Post-FACS, the cells were allowed to recover for a week, and then single colonies were manually picked and replated individually to wells of 96-well plates. Colonies were allowed to grow to near full confluence over the next 7 days, at which point they were split and replica-plated. Genomic DNA of colonies was extracted and genotyping at the CRISPR target site was identified by PCR amplication and DNA sequencing. Clones with confirmed heterozygous mutation allele or wild-type allele were expanded for further experiments.
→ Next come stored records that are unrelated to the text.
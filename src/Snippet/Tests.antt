-- ===== src/Snippet/Tests.antt =====
-- A snippet of a short text.
use nomai.Base.{◌≡◌, refl}
use nomai.Snippet.{first_from, find_first, extract_snippet}
use nomai.Text.{codes, text_eq}

test_snippet : extract_snippet (codes "hello world") (codes "world") ≡ codes "hello **world**"
unfolding extract_snippet find_first first_from text_eq
test_snippet = refl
Generation of cardiomyocytes from hiPSC

Generation of cardiomyocytes from hiPSC was performed by following the previously reported method55 with modifications. Cardioeasy chemically defined cardiac differentiation kit (CA2004500, Cellapy) was used for differentiation hiPSC into cardiomyocytes. Briefly, human hiPSC were splitted using 0.5 mM EDTA PBS solution at 1:10 ratio and cultured with PSCeasy chemically defined medium for 3 days. When reached ~80% confluence, hiPSC was cultured in Induction Medium II for 2 days and then in Induction Medium III. Induction Medium III was changed every other day afterwards. Spontaneously contracting cells were observed from the day 8 after induction. The derived cardiomyocytes were purified with Cardioeasy purification medium at the day 15 after induction.

Statistical analysis

Statistical analysis was done by using GraphPad Prism 6.0. Data shown are mean ± s.e.m. For the C. elegans behavior data, unpaired Student’s t-test was used to determine significant differences between samples. For electrophysiological data, one-way ANOVA Dunnett’s test was used when comparing multiple groups. Significance levels: *P < 0.05, **P < 0.01, ***P < 0.001. The ALA inhibition curve was fitted with equation: y(x) = ymin + (ymax − ymin)/(1 + 10(x-logIC50)). Where x is the log of concentration; y(x) is response, decreasing as x increase; IC50, the median inhibitory concentration. The stimulation curve of Prostratin or IDB on hERGA561V current densities was performed with Gaussian fit. No statistical method was used to predetermine sample size. All experiments were repeated at least for three times.